-- ===== src/Client/Call/Rounds.antt =====
-- One attempt of a call (`QuicChannel::call` of crates/grpc-quic-client/src/channel.rs), flat: what
-- each answer of the pool, the network and the server leads to.
use grpc_quic_rs.Common.{
  ℕ, zero, suc, String, List, [], ◌∷◌, ◌++◌, Option, some, Result, ok, err, Display, to_string,
  io_other, unwrap_or, ◌≡◌, refl, Result-cases, inl, inr,
}
use grpc_quic_rs.Core.Body.Client.{ClientRecvBody}
use grpc_quic_rs.Core.Body.Client
use grpc_quic_rs.Core.Http.{HeaderMap}
use grpc_quic_rs.Errors.{ClientError, stream_io, request_build, CoreError, core_error_display}
use grpc_quic_rs.Metrics.{request, stream}
use grpc_quic_rs.Client.Pool.{PoolEntry}
use grpc_quic_rs.Client.Retry.{Float, RetryPolicy}
use grpc_quic_rs.Client.Call.{
  Parts, H3Request, Event, metric, get_or_connect, invalidate, send_request, spawn_forward,
  abort_forward, call_uri, call_headers, World, Response, Outcome, then, pause, h3_request,
  on_response, on_stream, on_built, on_entry, attempts,
}

module _ {A C H3 M S T E Q : Type 0} ⦃d : Display E⦄ (m : HeaderMap) (f : Float)
    (w : World C H3 M m.H S T E Q) (retry : RetryPolicy f.F) (remote : A) (server_name : String)
    (deadline : Option ℕ) (parts : Parts M m.H) where
  open m use {H}

  abbrev pub ResultOf : Type 0
  ResultOf = Outcome m f w retry remote server_name deadline parts

  abbrev pub Again : Type 0
  Again = Option (ClientError Q) → ResultOf

  abbrev pub sent_request : H3Request M H
  sent_request = h3_request m f w retry remote server_name deadline parts

  abbrev pub sent_uri : String
  sent_uri = call_uri (unwrap_or server_name parts.authority) parts.path

  abbrev pub response_of : ℕ → S → T → H → Response T H (ClientRecvBody S ℕ ℕ)
  response_of n recv status headers = record {
    status = status;
    headers = headers;
    body = Client.new recv (some n) (some n) deadline;
  }

  abbrev pub opening : List (Event A M H)
  opening = metric (request "client" parts.path) ∷ []

  -- One attempt, flat: what each answer leads to. `again` is what the next attempt does.
  pub data Round (n : ℕ) (again : Again) : ResultOf → Type 0 where
    unconnected :
        (e : ClientError Q)
        → w.pool n ≡ err e
        → Round n again (then (invalidate remote ∷ []) (again (some e)))
    unbuilt :
        (e : String)
        → w.build parts.method sent_uri ≡ err e
        → Round n again (opening, err (request_build e))
    unsent :
        (entry : PoolEntry C H3) (e : CoreError)
        → w.send n entry.h3 sent_request ≡ err e
        → Round n again (
            then
              (opening ++ send_request sent_request ∷ invalidate remote ∷ [])
              (again (some (stream_io (io_other (to_string e))))))
    unanswered :
        (recv : S) (e : E)
        → w.recv_response n recv ≡ err e
        → Round n again (
          opening
              ++ send_request sent_request
                ∷ metric (stream "client")
                ∷ spawn_forward n
                ∷ abort_forward n
                ∷ [],
          err (stream_io (io_other (to_string e))),
        )
    answered :
        (entry : PoolEntry C H3) (recv : S) (status : T) (headers : H)
        → w.send n entry.h3 sent_request ≡ ok recv
        → w.recv_response n recv ≡ ok (status, headers)
        → Round n again (
          opening ++ send_request sent_request ∷ metric (stream "client") ∷ spawn_forward n ∷ [],
          ok (response_of n recv status headers),
        )

  response-Round :
      (n : ℕ) (again : Again) (entry : PoolEntry C H3) (recv : S) (r : Result (T × H) E)
      → w.send n entry.h3 sent_request ≡ ok recv
      → w.recv_response n recv ≡ r
      → Round n again (
          then
            (opening ++ send_request sent_request ∷ metric (stream "client") ∷ spawn_forward n ∷ [])
            (on_response m f w retry remote server_name deadline parts n recv r))
  unfolding on_response h3_request call_headers
  response-Round n again entry recv (ok (status, headers)) p h =
      answered entry recv status headers p h
  response-Round n again entry recv (err e) p h = unanswered recv e h

  stream-Round :
      (n : ℕ) (again : Again) (entry : PoolEntry C H3) (r : Result S CoreError)
      → w.send n entry.h3 sent_request ≡ r
      → Round n again (
          then
            (opening ++ send_request sent_request ∷ [])
            (on_stream m f w retry remote server_name deadline parts n again r))
  unfolding on_stream
  stream-Round n again entry (ok recv) h =
      response-Round n again entry recv (w.recv_response n recv) h refl
  stream-Round n again entry (err e) h = unsent entry e h

  entry-Round :
      (n : ℕ) (again : Again) (r : Result (PoolEntry C H3) (ClientError Q))
      → w.pool n ≡ r
      → Round n again (on_entry m f w retry remote server_name deadline parts n again r)
  unfolding on_entry on_built h3_request
  entry-Round n again (ok entry) h = elim (Result-cases (w.build parts.method sent_uri)) [
    | inl (u, e) ↦ rw e (stream-Round n again entry (w.send n entry.h3 sent_request) refl)
    | inr (x, e) ↦ rw e (unbuilt x e)
  ]
  entry-Round n again (err e) h = unconnected e h

  abbrev pub loop : ℕ → ℕ → Option (ClientError Q) → ResultOf
  loop = attempts m f w retry remote server_name deadline parts

  abbrev pub start_of : ℕ → List (Event A M H)
  start_of n = pause m f w retry remote server_name deadline parts n ++ get_or_connect remote ∷ []

  -- Induction over the loop: what holds when no attempt is left, and is kept by an attempt whose
  -- next one has it, holds.
  pub loop_induction :
      (P : ℕ → ℕ → Option (ClientError Q) → ResultOf → Type 0)
      → ((n : ℕ) (last : Option (ClientError Q)) → P 0 n last (loop 0 n last))
      → ((left n : ℕ) (last : Option (ClientError Q)) (o : ResultOf)
          → Round n (loop left (suc n)) o
          → ((e : Option (ClientError Q)) → P left (suc n) e (loop left (suc n) e))
          → P (suc left) n last (then (start_of n) o))
      → (left n : ℕ) (last : Option (ClientError Q)) → P left n last (loop left n last)
  unfolding attempts
  loop_induction P base step zero n last = base n last
  loop_induction P base step (suc left) n last =
      step left n last _ (entry-Round n (loop left (suc n)) (w.pool n) refl)
        (loop_induction P base step left (suc n))
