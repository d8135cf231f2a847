-- ===== src/Client/Call/Attempts.antt =====
-- The attempts of one call (`QuicChannel::call` of crates/grpc-quic-client/src/channel.rs): how
-- many, how far apart, why they fail, and what becomes of the request's body.
use grpc_quic_rs.Common.{
  ℕ, zero, suc, ◌-◌, ◌≤◌, String, List, [], ◌∷◌, Option, none, some, Bool, true, false, ok,
  Duration, Display, to_string, io_other, ◌≡◌, refl, arith, ap, sym, ◌∙◌,
}
use grpc_quic_rs.Core.Body.Client.{ClientRecvBody}
use grpc_quic_rs.Core.Http.{HeaderMap}
use grpc_quic_rs.Errors.{ClientError, stream_io, core_error_display}
use grpc_quic_rs.Client.Retry.{Float, RetryPolicy, backoff_for}
use grpc_quic_rs.Client.Call.Rounds.{
  ResultOf, Round, unconnected, unbuilt, unsent, unanswered, answered, loop, start_of,
  loop_induction,
}
use grpc_quic_rs.Client.Call.{
  Parts, Event, sleep, get_or_connect, spawn_forward, World, Response, then, pause, attempts,
  rpc_future,
}

-- What a sequence of events holds: the attempts, the sleeps, the tasks spawned.
module _ {A M H : Type 0} where
  abbrev pub gets : List (Event A M H) → ℕ
  gets [] = 0
  gets (get_or_connect a ∷ es) = suc (gets es)
  gets (_ ∷ es) = gets es

  abbrev pub sleeps : List (Event A M H) → List Duration
  sleeps [] = []
  sleeps (sleep t ∷ es) = t ∷ sleeps es
  sleeps (_ ∷ es) = sleeps es

  abbrev pub spawns : List (Event A M H) → ℕ
  spawns [] = 0
  spawns (spawn_forward n ∷ es) = suc (spawns es)
  spawns (_ ∷ es) = spawns es

-- `f n, f (n + 1), …`, with `k` members.
abbrev pub from : (ℕ → Duration) → ℕ → ℕ → List Duration
from f n zero = []
from f n (suc k) = f n ∷ from f (suc n) k

module _ {A C H3 M S T E Q : Type 0} ⦃d : Display E⦄ (m : HeaderMap) (f : Float)
    (w : World C H3 M m.H S T E Q) (retry : RetryPolicy f.F) (remote : A) (server_name : String)
    (deadline : Option ℕ) (parts : Parts M m.H) where
  abbrev pub Out : Type 0
  Out = ResultOf m f w retry remote server_name deadline parts

  abbrev run : ℕ → ℕ → Option (ClientError Q) → Out
  run = loop m f w retry remote server_name deadline parts

  abbrev IsRound : (n : ℕ) → (Option (ClientError Q) → Out) → Out → Type 0
  IsRound = Round m f w retry remote server_name deadline parts

  abbrev pub opened : ℕ → Out → Out
  opened n = then (start_of m f w retry remote server_name deadline parts n)

  pub opened_counts :
      (n : ℕ) (o : Out)
      → (gets (opened n o).0 ≡ suc (gets o.0))
        × (spawns (opened n o).0 ≡ spawns o.0)
        × ((opened n o).1 ≡ o.1)
  unfolding pause
  opened_counts zero o = (refl, refl, refl)
  opened_counts (suc n) o = (refl, refl, refl)

  -- The number of attempts is bounded; one task is spawned if there is an answer, else at most one.
  abbrev IsBounded : ℕ → ℕ → Option (ClientError Q) → Out → Type 0
  IsBounded left n last o =
      (gets o.0 ≤ left)
      × (spawns o.0 ≤ 1)
      × ((r : Response T m.H (ClientRecvBody S ℕ ℕ)) → o.1 ≡ ok r → spawns o.0 ≡ 1)

  IsBounded-round :
      (left n : ℕ) (o : Out)
      → IsRound n (run left (suc n)) o
      → ((e : Option (ClientError Q)) → IsBounded left (suc n) e (run left (suc n) e))
      → IsBounded left n none o
  IsBounded-round left n _ (unconnected e p) h = h (some e)
  IsBounded-round left n _ (unbuilt e p) h = (ground arith, ground arith, λ r q. absurd (cc))
  IsBounded-round left n _ (unsent entry e p) h = h (some (stream_io (io_other (to_string e))))
  IsBounded-round left n _ (unanswered recv e p) h =
      (ground arith, ground arith, λ r q. absurd (cc))
  IsBounded-round left n _ (answered entry recv status headers p q) h =
      (ground arith, ground arith, λ r e. refl)

  bounded : (left n : ℕ) (last : Option (ClientError Q)) → IsBounded left n last (run left n last)
  unfolding attempts
  bounded =
      loop_induction m f w retry remote server_name deadline parts IsBounded
        (λ n last. (ground arith, ground arith, λ r q. absurd (cc)))
        (λ left n last o round h.
          let (g, s, e) = IsBounded-round left n o round h in
          let (cg, cs, ce) = opened_counts n o in
          (omega (arith, cg, g), omega (arith, cs, s), λ r q. cs ∙ e r (sym ce ∙ q)))

  -- No call makes more than `max_attempts` attempts, or spawns more than one forwarding task, and it
  -- spawns exactly one if there is a response.
  pub call_bounded :
      (permit : Bool)
      → (gets (rpc_future m f w retry remote server_name deadline parts permit).0
          ≤ retry.max_attempts)
        × (spawns (rpc_future m f w retry remote server_name deadline parts permit).0 ≤ 1)
        × ((r : Response T m.H (ClientRecvBody S ℕ ℕ))
            → (rpc_future m f w retry remote server_name deadline parts permit).1 ≡ ok r
            → spawns (rpc_future m f w retry remote server_name deadline parts permit).0 ≡ 1)
  unfolding rpc_future
  call_bounded false = (ground arith, ground arith, λ r q. absurd (cc))
  call_bounded true = bounded retry.max_attempts 0 none

  -- The sleeps of the attempts from the n-th on.
  abbrev waits : ℕ → ℕ → List Duration
  waits zero k = from (backoff_for f retry) 0 (k - 1)
  waits (suc n) k = from (backoff_for f retry) n k

  abbrev IsSpaced : ℕ → ℕ → Option (ClientError Q) → Out → Type 0
  IsSpaced left n last o = sleeps o.0 ≡ waits n (gets o.0)

  IsSpaced-round :
      (left n : ℕ) (o : Out)
      → IsRound n (run left (suc n)) o
      → ((e : Option (ClientError Q)) → IsSpaced left (suc n) e (run left (suc n) e))
      → sleeps o.0 ≡ from (backoff_for f retry) n (gets o.0)
  IsSpaced-round left n _ (unconnected e p) h = h (some e)
  IsSpaced-round left n _ (unbuilt e p) h = refl
  IsSpaced-round left n _ (unsent entry e p) h = h (some (stream_io (io_other (to_string e))))
  IsSpaced-round left n _ (unanswered recv e p) h = refl
  IsSpaced-round left n _ (answered entry recv status headers p q) h = refl

  spaced_opened :
      (n : ℕ) (o : Out)
      → sleeps o.0 ≡ from (backoff_for f retry) n (gets o.0)
      → sleeps (opened n o).0 ≡ waits n (gets (opened n o).0)
  unfolding pause
  spaced_opened zero o h = h ∙ ap (from (backoff_for f retry) 0) (omega arith)
  spaced_opened (suc n) o h = ap (◌∷◌ (backoff_for f retry n)) h

  IsSpaced-base : (n : ℕ) (last : Option (ClientError Q)) → IsSpaced 0 n last (run 0 n last)
  unfolding attempts
  IsSpaced-base zero last = refl
  IsSpaced-base (suc n) last = refl

  -- There is one sleep less than there are attempts, and the k-th has the policy's k-th length.
  pub call_sleeps :
      sleeps (rpc_future m f w retry remote server_name deadline parts true).0
      ≡ from
          (backoff_for f retry)
          0
          (gets (rpc_future m f w retry remote server_name deadline parts true).0 - 1)
  unfolding rpc_future
  call_sleeps =
      loop_induction m f w retry remote server_name deadline parts IsSpaced IsSpaced-base
        (λ left n last o round h. spaced_opened n o (IsSpaced-round left n o round h))
        retry.max_attempts 0 none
******************************
§ PROBLEM TO SOLVE
Total the lines of the data that include the word "there", and give that total as the sole response.

§ SOLVED PROBLEM
3